[Data supplied — start]

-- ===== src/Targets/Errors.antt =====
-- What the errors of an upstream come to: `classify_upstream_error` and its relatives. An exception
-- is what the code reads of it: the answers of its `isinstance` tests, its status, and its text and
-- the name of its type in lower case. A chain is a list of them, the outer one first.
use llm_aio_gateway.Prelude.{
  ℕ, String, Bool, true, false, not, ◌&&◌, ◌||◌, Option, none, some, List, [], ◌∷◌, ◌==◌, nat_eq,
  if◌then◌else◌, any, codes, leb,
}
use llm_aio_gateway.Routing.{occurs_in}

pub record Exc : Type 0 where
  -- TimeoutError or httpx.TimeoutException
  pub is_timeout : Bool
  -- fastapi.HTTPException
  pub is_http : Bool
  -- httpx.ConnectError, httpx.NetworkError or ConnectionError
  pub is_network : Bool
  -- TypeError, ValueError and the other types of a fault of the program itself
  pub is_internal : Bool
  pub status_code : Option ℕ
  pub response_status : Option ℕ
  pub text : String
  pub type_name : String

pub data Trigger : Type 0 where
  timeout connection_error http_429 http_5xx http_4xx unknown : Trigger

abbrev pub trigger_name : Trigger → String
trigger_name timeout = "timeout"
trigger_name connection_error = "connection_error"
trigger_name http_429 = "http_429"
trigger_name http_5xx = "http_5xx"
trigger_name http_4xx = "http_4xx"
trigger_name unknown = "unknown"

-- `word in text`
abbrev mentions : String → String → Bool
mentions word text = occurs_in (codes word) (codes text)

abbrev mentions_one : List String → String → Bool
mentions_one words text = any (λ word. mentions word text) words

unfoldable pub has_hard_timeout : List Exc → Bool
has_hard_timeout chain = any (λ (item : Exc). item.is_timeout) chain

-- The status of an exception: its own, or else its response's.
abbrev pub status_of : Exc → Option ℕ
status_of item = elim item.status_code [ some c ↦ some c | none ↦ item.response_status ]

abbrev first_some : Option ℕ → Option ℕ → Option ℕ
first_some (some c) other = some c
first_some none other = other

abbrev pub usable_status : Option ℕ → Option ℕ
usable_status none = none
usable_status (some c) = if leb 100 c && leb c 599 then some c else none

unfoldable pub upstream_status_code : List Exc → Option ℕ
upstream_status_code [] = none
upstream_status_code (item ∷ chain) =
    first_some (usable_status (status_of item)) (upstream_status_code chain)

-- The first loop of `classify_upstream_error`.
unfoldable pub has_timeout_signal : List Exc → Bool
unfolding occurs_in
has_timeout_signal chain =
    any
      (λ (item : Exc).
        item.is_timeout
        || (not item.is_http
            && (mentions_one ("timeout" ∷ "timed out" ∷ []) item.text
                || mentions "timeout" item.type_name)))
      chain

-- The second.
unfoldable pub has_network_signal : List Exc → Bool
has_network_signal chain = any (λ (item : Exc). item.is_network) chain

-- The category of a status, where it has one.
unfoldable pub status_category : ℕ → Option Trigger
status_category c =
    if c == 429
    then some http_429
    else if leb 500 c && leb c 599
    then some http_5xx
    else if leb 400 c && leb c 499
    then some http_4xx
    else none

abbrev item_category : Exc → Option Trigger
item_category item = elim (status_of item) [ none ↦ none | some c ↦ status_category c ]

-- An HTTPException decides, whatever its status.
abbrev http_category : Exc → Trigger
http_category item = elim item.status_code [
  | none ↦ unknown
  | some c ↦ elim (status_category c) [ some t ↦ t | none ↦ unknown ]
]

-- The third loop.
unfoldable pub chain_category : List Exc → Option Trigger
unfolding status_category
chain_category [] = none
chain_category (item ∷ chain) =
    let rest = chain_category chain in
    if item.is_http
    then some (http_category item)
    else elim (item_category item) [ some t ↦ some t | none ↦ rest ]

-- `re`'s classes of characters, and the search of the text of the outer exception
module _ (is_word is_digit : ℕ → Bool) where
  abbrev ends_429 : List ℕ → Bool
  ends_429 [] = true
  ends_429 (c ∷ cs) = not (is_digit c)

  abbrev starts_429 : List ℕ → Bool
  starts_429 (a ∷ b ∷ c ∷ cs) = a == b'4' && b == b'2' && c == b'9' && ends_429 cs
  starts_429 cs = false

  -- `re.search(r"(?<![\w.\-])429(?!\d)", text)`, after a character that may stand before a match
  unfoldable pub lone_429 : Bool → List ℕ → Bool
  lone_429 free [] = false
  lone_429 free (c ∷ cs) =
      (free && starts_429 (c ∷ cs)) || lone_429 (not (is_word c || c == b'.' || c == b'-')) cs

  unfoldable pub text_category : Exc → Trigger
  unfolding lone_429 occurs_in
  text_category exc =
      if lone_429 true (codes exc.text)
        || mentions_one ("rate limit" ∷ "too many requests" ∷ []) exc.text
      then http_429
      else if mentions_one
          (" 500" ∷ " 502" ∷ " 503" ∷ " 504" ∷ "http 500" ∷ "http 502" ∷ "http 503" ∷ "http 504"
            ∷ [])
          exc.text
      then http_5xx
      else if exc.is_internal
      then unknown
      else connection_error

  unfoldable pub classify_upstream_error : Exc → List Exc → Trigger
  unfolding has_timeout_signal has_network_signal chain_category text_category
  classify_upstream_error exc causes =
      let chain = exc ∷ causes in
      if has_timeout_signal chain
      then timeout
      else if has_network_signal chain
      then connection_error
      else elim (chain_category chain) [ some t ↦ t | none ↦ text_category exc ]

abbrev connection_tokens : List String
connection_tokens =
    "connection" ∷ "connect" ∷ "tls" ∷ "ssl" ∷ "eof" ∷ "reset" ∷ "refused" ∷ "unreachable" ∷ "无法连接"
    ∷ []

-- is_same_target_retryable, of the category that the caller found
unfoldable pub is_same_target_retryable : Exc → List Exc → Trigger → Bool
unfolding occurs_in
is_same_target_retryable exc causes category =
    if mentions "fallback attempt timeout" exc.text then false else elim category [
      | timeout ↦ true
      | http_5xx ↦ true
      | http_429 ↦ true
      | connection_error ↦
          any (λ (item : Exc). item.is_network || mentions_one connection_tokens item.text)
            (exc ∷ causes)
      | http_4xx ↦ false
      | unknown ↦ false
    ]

[Data supplied — finish]

(Task instructions): Write out the entire listing exactly.

(Written response):
-- ===== src/Targets/Errors.antt =====
-- What the errors of an upstream come to: `classify_upstream_error` and its relatives. An exception
-- is what the code reads of it: the answers of its `isinstance` tests, its status, and its text and
-- the name of its type in lower case. A chain is a list of them, the outer one first.
use llm_aio_gateway.Prelude.{
  ℕ, String, Bool, true, false, not, ◌&&◌, ◌||◌, Option, none, some, List, [], ◌∷◌, ◌==◌, nat_eq,
  if◌then◌else◌, any, codes, leb,
}
use llm_aio_gateway.Routing.{occurs_in}

pub record Exc : Type 0 where
  -- TimeoutError or httpx.TimeoutException
  pub is_timeout : Bool
  -- fastapi.HTTPException
  pub is_http : Bool
  -- httpx.ConnectError, httpx.NetworkError or ConnectionError
  pub is_network : Bool
  -- TypeError, ValueError and the other types of a fault of the program itself
  pub is_internal : Bool
  pub status_code : Option ℕ
  pub response_status : Option ℕ
  pub text : String
  pub type_name : String

pub data Trigger : Type 0 where
  timeout connection_error http_429 http_5xx http_4xx unknown : Trigger

abbrev pub trigger_name : Trigger → String
trigger_name timeout = "timeout"
trigger_name connection_error = "connection_error"
trigger_name http_429 = "http_429"
trigger_name http_5xx = "http_5xx"
trigger_name http_4xx = "http_4xx"
trigger_name unknown = "unknown"

-- `word in text`
abbrev mentions : String → String → Bool
mentions word text = occurs_in (codes word) (codes text)

abbrev mentions_one : List String → String → Bool
mentions_one words text = any (λ word. mentions word text) words

unfoldable pub has_hard_timeout : List Exc → Bool
has_hard_timeout chain = any (λ (item : Exc). item.is_timeout) chain

-- The status of an exception: its own, or else its response's.
abbrev pub status_of : Exc → Option ℕ
status_of item = elim item.status_code [ some c ↦ some c | none ↦ item.response_status ]

abbrev first_some : Option ℕ → Option ℕ → Option ℕ
first_some (some c) other = some c
first_some none other = other

abbrev pub usable_status : Option ℕ → Option ℕ
usable_status none = none
usable_status (some c) = if leb 100 c && leb c 599 then some c else none

unfoldable pub upstream_status_code : List Exc → Option ℕ
upstream_status_code [] = none
upstream_status_code (item ∷ chain) =
    first_some (usable_status (status_of item)) (upstream_status_code chain)

-- The first loop of `classify_upstream_error`.
unfoldable pub has_timeout_signal : List Exc → Bool
unfolding occurs_in
has_timeout_signal chain =
    any
      (λ (item : Exc).
        item.is_timeout
        || (not item.is_http
            && (mentions_one ("timeout" ∷ "timed out" ∷ []) item.text
                || mentions "timeout" item.type_name)))
      chain

-- The second.
unfoldable pub has_network_signal : List Exc → Bool
has_network_signal chain = any (λ (item : Exc). item.is_network) chain

-- The category of a status, where it has one.
unfoldable pub status_category : ℕ → Option Trigger
status_category c =
    if c == 429
    then some http_429
    else if leb 500 c && leb c 599
    then some http_5xx
    else if leb 400 c && leb c 499
    then some http_4xx
    else none

abbrev item_category : Exc → Option Trigger
item_category item = elim (status_of item) [ none ↦ none | some c ↦ status_category c ]

-- An HTTPException decides, whatever its status.
abbrev http_category : Exc → Trigger
http_category item = elim item.status_code [
  | none ↦ unknown
  | some c ↦ elim (status_category c) [ some t ↦ t | none ↦ unknown ]
]

-- The third loop.
unfoldable pub chain_category : List Exc → Option Trigger
unfolding status_category
chain_category [] = none
chain_category (item ∷ chain) =
    let rest = chain_category chain in
    if item.is_http
    then some (http_category item)
    else elim (item_category item) [ some t ↦ some t | none ↦ rest ]

-- `re`'s classes of characters, and the search of the text of the outer exception
module _ (is_word is_digit : ℕ → Bool) where
  abbrev ends_429 : List ℕ → Bool
  ends_429 [] = true
  ends_429 (c ∷ cs) = not (is_digit c)

  abbrev starts_429 : List ℕ → Bool
  starts_429 (a ∷ b ∷ c ∷ cs) = a == b'4' && b == b'2' && c == b'9' && ends_429 cs
  starts_429 cs = false

  -- `re.search(r"(?<![\w.\-])429(?!\d)", text)`, after a character that may stand before a match
  unfoldable pub lone_429 : Bool → List ℕ → Bool
  lone_429 free [] = false
  lone_429 free (c ∷ cs) =
      (free && starts_429 (c ∷ cs)) || lone_429 (not (is_word c || c == b'.' || c == b'-')) cs

  unfoldable pub text_category : Exc → Trigger
  unfolding lone_429 occurs_in
  text_category exc =
      if lone_429 true (codes exc.text)
        || mentions_one ("rate limit" ∷ "too many requests" ∷ []) exc.text
      then http_429
      else if mentions_one
          (" 500" ∷ " 502" ∷ " 503" ∷ " 504" ∷ "http 500" ∷ "http 502" ∷ "http 503" ∷ "http 504"
            ∷ [])
          exc.text
      then http_5xx
      else if exc.is_internal
      then unknown
      else connection_error

  unfoldable pub classify_upstream_error : Exc → List Exc → Trigger
  unfolding has_timeout_signal has_network_signal chain_category text_category
  classify_upstream_error exc causes =
      let chain = exc ∷ causes in
      if has_timeout_signal chain
      then timeout
      else if has_network_signal chain
      then connection_error
      else elim (chain_category chain) [ some t ↦ t | none ↦ text_category exc ]

abbrev connection_tokens : List String
connection_tokens =
    "connection" ∷ "connect" ∷ "tls" ∷ "ssl" ∷ "eof" ∷ "reset" ∷ "refused" ∷ "unreachable" ∷ "无法连接"
    ∷ []

-- is_same_target_retryable, of the category that the caller found
unfoldable pub is_same_target_retryable : Exc → List Exc → Trigger → Bool
unfolding occurs_in
is_same_target_retryable exc causes category =
    if mentions "fallback attempt timeout" exc.text then false else elim category [
      | timeout ↦ true
      | http_5xx ↦ true
      | http_429 ↦ true
      | connection_error ↦
          any (λ (item : Exc). item.is_network || mentions_one connection_tokens item.text)
            (exc ∷ causes)
      | http_4xx ↦ false
      | unknown ↦ false
    ]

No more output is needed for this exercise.